According to historian Joyce Marlow, the meeting is believed to have been the largest to date in British history. The purpose was peaceful, to hear speakers promoting a much-needed reform of Parliamentary representation.

At the time, most men and all women were denied the right to vote or run for Parliament. The legislature and the government were controlled by a tiny fraction of the population, mostly aristocrats and their clients. Since the defeat of Napoleon, the masses had suffered from high unemployment. Food prices had skyrocketed, in part a result of the recently enacted Corn Laws. These acts placed high tariffs on imported grain, in a bid to keep domestic prices up. 

Radicals blamed the dire conditions in the country on a government that represented narrow landed (aristocratic) interests, hence their call for a reform that would make parliamentary representation more democratic. 

A pro-reform organization, the Manchester Patriotic Union, organized the mass demonstration at St. Peter’s Fields. For their headline speaker, they chose a popular radical, Henry Hunt. He had been an outspoken advocate of parliamentary reforms for years, but he favored tactics of mass persuasion rather than violence. His Tory enemies mocked his reputation as a speaker, calling him “Orator” Hunt.  The name stuck.



The clamour for reform, added to the unrest in the country, had long alarmed the authorities. They feared (or claimed to fear) that Britain was headed for a revolution similar to that in France in 1789. Hunt's popularity added to their concern.

On the day of the Manchester meeting, the local militia and regular soldiers were out in force. Hundreds of heavily armed cavalry and infantrymen surrounded the meeting place. Contemporary accounts claim that the crowd was well behaved, and included families dressed in their Sunday clothes.

As Hunt got up on the platform to speak, the crowd erupted with a huge roar of approval. The head of the local magistrates issued a warrant for Hunt’s arrest. 

The man charged with serving the warrant requested military assistance. The upshot was that cavalry charged into the crowd, wielding sabers to clear the way and disperse the crowd. As they became entangled among the mass, more cavalry rode into their rescue. Before the melee finished, they had killed about a dozen people and injured about 700. One of the dead was a two year old boy, Joseph Fildes.

The actions of the soldiers sparked immense outrage throughout the country, especially in the popular press.

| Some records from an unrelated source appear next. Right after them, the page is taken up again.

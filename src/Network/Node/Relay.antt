-- ===== src/Network/Node/Relay.antt =====
-- A block goes from one node to another: INV, GETDATA, BLOCK.
use forgechain.Prelude.{ℕ, ◌≡◌, refl, ◌∙◌, false, some, List, [], ◌∷◌, Bytes, arith}
use forgechain.Prelude.Outcome.{ok, ◌>>=◌}
use forgechain.Crypto.{OpenSsl}
use forgechain.Core.Block
use forgechain.Core.Block.{Block}
use forgechain.Core.Block.RoundTrip
use forgechain.Core.Block.RoundTrip.{received, deserialize-serialize_block}
use forgechain.Consensus.Difficulty.{Doubles}
use forgechain.Chain.Queries.{has_block, find_block}
use forgechain.Network.Clock.{TimePoint}
use forgechain.Network.Message
use forgechain.Network.GetBlocks.Laws.{IsHash}
use forgechain.Network.Inventory.{InventoryItemType, InventoryItem, serialize_inventory}
use forgechain.Network.Inventory.Laws
use forgechain.Network.Inventory.Laws.{deserialize-serialize_inventory}
use forgechain.Network.Node.State.{PeerPtr, Node}
use forgechain.Network.Node.Peers.{deliver}
use forgechain.Network.Node.Handlers.{
  item, have_it, missing, ask_for, handle_inv, answer, answer_all, handle_getdata, syncs_with,
  take_block, report_block, handle_block,
}

abbrev pub announce : Bytes → Bytes
announce hash = serialize_inventory (item InventoryItemType.block hash ∷ [])

module _ ⦃ssl : OpenSsl⦄ where
  -- An item that is asked for is one of the announced ones that the node does not have.
  pub handle_inv-missing :
      (p : PeerPtr) (items : List InventoryItem) (node : Node)
      → Laws.Fits items
      → handle_inv p (serialize_inventory items) node ≡ ask_for p (missing node.chain items)
  unfolding handle_inv
  handle_inv-missing p items node fits =
      rw (deserialize-serialize_inventory items fits, handle_inv) refl

  handle_getdata-answers :
      (p : PeerPtr) (items : List InventoryItem) (node : Node)
      → Laws.Fits items
      → handle_getdata p (serialize_inventory items) node ≡ answer_all p node.chain items
  unfolding handle_getdata
  handle_getdata-answers p items node fits =
      rw (deserialize-serialize_inventory items fits, handle_getdata) refl

  one-Fits : (hash : Bytes) → IsHash hash → Laws.Fits (item InventoryItemType.block hash ∷ [])
  one-Fits hash h = record { count = omega arith; hashes = (h, tt) }

module _ ⦃ssl : OpenSsl⦄ ⦃doubles : Doubles⦄ where
  -- A block that one node has and the other lacks, announced by its hash. The other asks for it by the
  -- same inventory, the first answers with the block's bytes, and the other submits to its chain
  -- the block with a fresh hash and no work, and passes on what comes of it; so long as it is not
  -- synchronising with the first.
  pub relay :
      (from to : Node) (p q : PeerPtr) (b : Block) (hash : Bytes) (now : TimePoint) (date : ℕ)
      → IsHash hash
      → RoundTrip.Fits b
      → find_block from.chain hash ≡ some b
      → has_block to.chain hash ≡ false
      → syncs_with p to ≡ false
      → (handle_inv p (announce hash) to ≡ deliver p Message.getdata (announce hash) ∷ [])
        × (handle_getdata q (announce hash) from ≡ deliver q Message.block (Block.serialize b) ∷ [])
        × (handle_block now date p (Block.serialize b) to ≡ (
            take_block date (received b) to >>= λ done. ok (done.1, report_block p done.0 done.1)))
  unfolding missing have_it ask_for answer answer_all handle_block
  relay from to p q b hash now date wide fits found lacks apart =
      let one = one-Fits hash wide in
      (
        handle_inv-missing p _ to one ∙ rw (lacks, ask_for) refl,
        handle_getdata-answers q _ from one ∙ rw (found, answer, answer_all) refl,
        rw (handle_block, apart, deserialize-serialize_block b fits) refl,
      )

In pointed, shameful contrast to the victory at Waterloo, it soon became known as Massacre of Peterloo. Among other things, it led to the foundation of the radical Manchester Guardian and inspired Percy Bysshe Shelley to write his oft-quoted poem, The Masque of Anarchy.

Peterloo was the subject of many contemporary prints. The one below was published only a few days after the event and depicts the moment of Hunt's arrest. 

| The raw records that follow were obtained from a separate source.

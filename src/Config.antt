-- ===== src/Config.antt =====
-- What the tester checks of the peers (Task5/raft/config.go): their terms and leaders, and the
-- messages that they send to the service.
pub mod Agree
pub mod Agreement
pub mod Leaders
pub mod Reader
pub mod Statistics
pub mod Testbed
use unique_freshman.Prelude.{
  ℕ, ℤ, pos, minus_one, ◌+ℤ◌, ◌-ℤ◌, ltb_ℤ, eqb_ℤ, Bool, true, false, not, ◌&&◌, List, [], ◌∷◌,
  Option, none, some, ◌>>=◌, if◌then◌else◌, get_elem?, set, ◌≡◌, ◌≢◌, refl, ◌⊎◌, inl, inr,
}
use unique_freshman.Raft.Types.{ApplyMsg, Raft}
use unique_freshman.Raft.State.{get_state}

-- How a check ends: it goes on with a value, it calls `Fatalf`, or it uses a peer that is `nil`.
pub data Check (A : Type 0) : Type 0 where
  passed : A → Check A
  failed panicked : Check A

pub Check-cases :
    {A : Type 0} (c : Check A) → ((a : A) × (c ≡ passed a)) ⊎ (c ≡ failed) ⊎ (c ≡ panicked)
Check-cases (passed a) = inl (a, refl)
Check-cases failed = inr (inl refl)
Check-cases panicked = inr (inr refl)

pub failed-ne-passed : {A : Type 0} {a : A} → failed ≢ passed a
failed-ne-passed h = cc

pub panicked-ne-passed : {A : Type 0} {a : A} → panicked ≢ passed a
panicked-ne-passed h = cc

module _ {Bytes Command : Type 0} where
  -- The loops over the servers, each with `connected[i]` and `rafts[i]`; `term` is the local of
  -- `checkTerms`.
  unfoldable pub check_terms : ℤ → List (Bool × Option (Raft Bytes Command)) → Check ℤ
  check_terms term [] = passed term
  check_terms term ((false, rf) ∷ servers) = check_terms term servers
  check_terms term ((true, none) ∷ servers) = panicked
  check_terms term ((true, some rf) ∷ servers) =
      let (x_term, _) = get_state rf in
      let first = check_terms x_term servers in
      let rest = check_terms term servers in
      if eqb_ℤ term minus_one then first else (if eqb_ℤ term x_term then rest else failed)

  unfoldable pub check_no_leader : List (Bool × Option (Raft Bytes Command)) → Check Unit
  check_no_leader [] = passed tt
  check_no_leader ((false, rf) ∷ servers) = check_no_leader servers
  check_no_leader ((true, none) ∷ servers) = panicked
  check_no_leader ((true, some rf) ∷ servers) =
      let rest = check_no_leader servers in
      let (_, is_leader) = get_state rf in if is_leader then failed else rest

module _ {Command : Type 0} where
  -- `cfg.logs[j]`, the newest write first.
  unfoldable pub lookup : ℤ → List (ℤ × Command) → Option Command
  lookup index [] = none
  lookup index ((i, v) ∷ log) =
      let rest = lookup index log in if eqb_ℤ i index then some v else rest

-- The fields of the tester that the readers of `applyCh` share.
pub record Config (Command : Type 0) : Type 0 where
  pub logs : List (List (ℤ × Command))
  pub max_index : ℤ

-- The error that a message raises.
pub data Verdict : Type 0 where
  fine differs out_of_order : Verdict

-- Values are compared by `same`, Go's `==`.
module _ {Command : Type 0} (same : Command → Command → Bool) where
  unfoldable pub has_other : ℤ → Command → List (List (ℤ × Command)) → Bool
  unfolding lookup
  has_other index v [] = false
  has_other index v (log ∷ logs) =
      let rest = has_other index v logs in
      elim (lookup index log) [ none ↦ rest | some old ↦ if same old v then rest else true ]

  -- The reader of server `i` takes a message.
  unfoldable pub read_message :
      ℕ → ApplyMsg Command → Config Command → Option (Config Command × Verdict)
  unfolding has_other
  read_message i m cfg =
      let other = has_other m.command_index m.command cfg.logs in
      let max_index =
        if ltb_ℤ cfg.max_index m.command_index then m.command_index else cfg.max_index in
      if not m.command_valid
      then some (cfg, fine)
      else (get_elem? cfg.logs i >>= λ log.
          let prevok : Bool = elim (lookup (m.command_index -ℤ pos 1) log) [
            | none ↦ false
            | some v ↦ true
          ] in
          let logs = set cfg.logs i ((m.command_index, m.command) ∷ log) in
          some (
            record { logs = logs; max_index = max_index },
            if ltb_ℤ (pos 1) m.command_index && not prevok
                then out_of_order
                else if other
                then differs
                else fine,
          ))

  -- `count > 0 && cmd != cmd1`: there is a value once the count is not 0.
  abbrev pub is_other : Option Command → Command → Bool
  is_other none cmd1 = false
  is_other (some cmd) cmd1 = not (same cmd cmd1)

  -- How many servers have a value at the index, from a count and a value on.
  unfoldable pub n_committed :
      ℤ → ℕ → Option Command → List (List (ℤ × Command)) → Check (ℕ × Option Command)
  n_committed index count cmd [] = passed (count, cmd)
  n_committed index count cmd (log ∷ logs) = elim (lookup index log) [
    | none ↦ n_committed index count cmd logs
    | some cmd1 ↦
        if is_other cmd cmd1 then failed else n_committed index (ℕ.suc count) (some cmd1) logs
  ]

Perhaps the most famous image of Peterloo was that produced by George Cruikshank, who later illustrated some of Dickens' writings.



Peterloo did not have any immediate effect on reform. In fact, the terrified Tory government quickly passed a series of acts designed to repress the radical movement, the infamous Six Acts.

The acts were not rigorously enforced, however, and the reform movement continued to attract popular support in the wake of Peterloo. Fears of popular revolt grew again after another French Revolution deposed King Charles X in 1830, but on this occasion the British government conceded some of the popular demands. 

In 1832 a Whig dominated Parliament passed the Great Reform Act. Ironically, the ministry that drew it up it was the most aristocratic in British history. (The Prime Minister, Earl Grey, later had a bergamot flavored tea named after him.)

Far from democratic, the Great Reform Bill did extend representation to many new voters, mostly from the middle class. It also eliminated many corrupt electoral practices. It was followed by other reform bills in the late 19th and early 20th centuries that gradually extended political rights to all men and then women. In that sense, Peterloo was stage on Britain's evolution into a democracy.

Further reading: Joyce Marlow, The Peterloo Massacre, 1969.